Describing the Foehn Effect is quite simple but how it effects our little island is a lot more complex than it would seem at first glance.
To put it simply, The Foehn Effect is a dry and relatively warm wind that blows down the leeward side of large hills and mountains.
Why is it only on the leeward side though?
When a moist airflow comes across a large hill or mountain, the air is forced to rise up and over that hill, and as it rises it becomes cooler. Cooler air however cannot contain as much moisture as warmer air, so the moisture condenses into clouds and sometimes rain, depositing the moisture on the windward side, so by the time the air reaches the other side of the mountain, not only is it drier, but as it sinks it becomes warmer too, this is because the process of condensation on the windward side actually leads to an increase in temperature of the airmass, also dry air can warm much more quickly than moist air, this means that any surface heating by the sun on the leeward side can lead to large temperature variations on either side of the hill/mountain.
We have no mountains on the Isle of Wight, so how can this effect us?
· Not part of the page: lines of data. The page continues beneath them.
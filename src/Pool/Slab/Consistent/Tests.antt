-- ===== src/Pool/Slab/Consistent/Tests.antt =====
-- The slab on the inputs of the source's own tests, and the theorems at them.
use mytunnel.Prelude.{ℕ, ◌≡◌, refl, none, some, arith}
use mytunnel.Pool.Bits.{trailing_zeros, clear_bit, set_bit}
use mytunnel.Pool.Slab.{SlabHandle, ConnectionSlab, new, insert, remove, get, modify, len, claim}
use mytunnel.Pool.Slab.Consistent.{IsConsistent}
use mytunnel.Pool.Slab.Consistent.Create.{new-IsConsistent}
use mytunnel.Pool.Slab.Consistent.Contents.{
  at, Inserts, Removes, insert-Inserts, remove-Removes, modify_lem,
}

abbrev empty : ConnectionSlab ℕ
empty = new ℕ 2

empty-IsConsistent : IsConsistent empty
empty-IsConsistent = (new-IsConsistent ℕ 2 (omega arith)).0

reuse :
    let one = (insert 1 empty).1 in
    let two = (insert 2 one).1 in
    let freed = (remove (at 0) two).1 in
    ((insert 3 two).0 ≡ none) × ((insert 3 freed).0 ≡ some (at 0))
unfolding new insert remove claim trailing_zeros clear_bit set_bit
reuse = (refl, refl)

new-IsConsistent_example : IsConsistent (new ℕ 100) × ((h : SlabHandle) → get h (new ℕ 100) ≡ none)
new-IsConsistent_example = new-IsConsistent ℕ 100 (omega arith)

insert-Inserts_example : Inserts empty empty-IsConsistent 42 (insert 42 empty)
insert-Inserts_example = insert-Inserts empty empty-IsConsistent 42

abbrev filled : ConnectionSlab ℕ
filled = (insert 42 empty).1

filled-IsConsistent : IsConsistent filled
unfolding new insert claim trailing_zeros clear_bit
filled-IsConsistent = (insert-Inserts empty empty-IsConsistent 42).0

remove-Removes_example : Removes filled filled-IsConsistent (at 0) (remove (at 0) filled)
remove-Removes_example = remove-Removes filled filled-IsConsistent (at 0)

modify_lem_example : len (modify (at 0) (λ n. n) empty) ≡ len empty
modify_lem_example = (modify_lem empty empty-IsConsistent (at 0) (λ n. n)).2
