-- ===== src/Protocol/Tests.antt =====
-- The wire formats at concrete messages.
use mytunnel.Prelude.{
  ℕ, ◌≡◌, refl, true, List, [], ◌∷◌, ◌++◌, arith, Text, text, is_utf8, ok, err, ◌>>=◌,
}
use mytunnel.Bytes.{list_bytes}
use mytunnel.Protocol.{
  UdpPacket, encode_udp_packet, decode_udp_packet, encode_tcp_request, packet_truncated,
}
use mytunnel.Protocol.Socks5.{v4, encode_reply, parse_address, show_ipv4}
use mytunnel.Protocol.Socks5.Address.{
  domain, address_bytes, parse_address_lem, parse_address-encode_reply,
}
use mytunnel.Protocol.Udp.{view, wire, decode-encode_udp_packet, encode-decode_udp_packet}

abbrev host : Text
host = text "8.8.8.8"

abbrev packet : UdpPacket list_bytes
packet = record { host = host; port = 53; payload = 1 ∷ 2 ∷ [] }

-- The source's own test of the request.
request :
    encode_tcp_request list_bytes (text "a.b") 443 ≡ ok (0x01 ∷ 0x01 ∷ 0xbb ∷ 3 ∷ 97 ∷ 46 ∷ 98 ∷ [])
unfolding encode_tcp_request
request = refl

-- A host length that points past the end.
truncated : decode_udp_packet list_bytes (0 ∷ 53 ∷ 9 ∷ 97 ∷ []) ≡ err (packet_truncated 9)
unfolding decode_udp_packet
truncated = refl

host-utf8 : is_utf8 host ≡ true
unfolding is_utf8
host-utf8 = refl

decode-encode_udp_packet_example :
    (encode_udp_packet list_bytes host 53 (1 ∷ []) >>= λ sent.
    view list_bytes (decode_udp_packet list_bytes sent))
    ≡ ok (host, 53, 1 ∷ [])
decode-encode_udp_packet_example =
    decode-encode_udp_packet list_bytes host 53 (1 ∷ []) host-utf8 (omega arith) (omega arith)
      (omega arith)

decoded : decode_udp_packet list_bytes (wire host 53 (1 ∷ 2 ∷ [])) ≡ ok packet
unfolding decode_udp_packet is_utf8
decoded = refl

encode-decode_udp_packet_example :
    encode_udp_packet list_bytes host 53 (1 ∷ 2 ∷ []) ≡ ok (wire host 53 (1 ∷ 2 ∷ []))
encode-decode_udp_packet_example =
    (encode-decode_udp_packet list_bytes (wire host 53 (1 ∷ 2 ∷ [])) packet (omega arith) decoded).0

parse_address_lem_example :
    (q : List ℕ) × (parse_address list_bytes
        (λ s. s)
        (address_bytes (domain (text "a.b")) 80 ++ 7 ∷ [])
      ≡ ok ((text "a.b", 80), q))
    × (q ≡ 7 ∷ [])
unfolding is_utf8 show_ipv4
parse_address_lem_example =
    parse_address_lem list_bytes (λ s. s) (domain (text "a.b")) 80 (7 ∷ []) _ (omega arith, refl)
      refl

parse_address-encode_reply_example :
    encode_reply list_bytes 0 (v4 127 0 0 1 1080)
    ≡ 5
      ∷ 0
      ∷ 0
      ∷ (parse_address-encode_reply list_bytes (λ s. s) 0 (v4 127 0 0 1 1080) tt (omega arith)).0
parse_address-encode_reply_example =
    (parse_address-encode_reply list_bytes (λ s. s) 0 (v4 127 0 0 1 1080) tt (omega arith)).2
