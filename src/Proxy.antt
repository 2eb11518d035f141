-- ===== src/Proxy.antt =====
-- src/proxy: how the server forwards TCP streams and UDP packets.
pub mod Tcp
pub mod Udp
pub mod Tests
Our island has a very undulating landscape, some of the hills reach close to 800ft (although not quite) and this is enough to produce a Foehn Effect on a small scale.
Shanklin is one of the more notable areas we can see this effect, especially during spring and early summer.
When a warm, moist southerly airflow is pushing across southern England during this time, the island often feels rather chilly, this is because the English Channel takes some time to warm up after the winter months.
So lets say there is a moderate southerly breeze, its 13’c along the southern coast of the island (channel cooled) and 18’c in more central and northern parts of the island (moderately land heated). Shanklin would likely exceed 20’c, this is because the wind is being forced up over Ventnor down, St Boniface Down and Shanklin down. The forcing often produces low cloud, hill fog and drizzle, and by doing so deposits its moisture, although places to the lee of those downs would likely see the cloud break up and the drier air warms significantly and gives Shanklin and the local surrounding area a fine, warm day.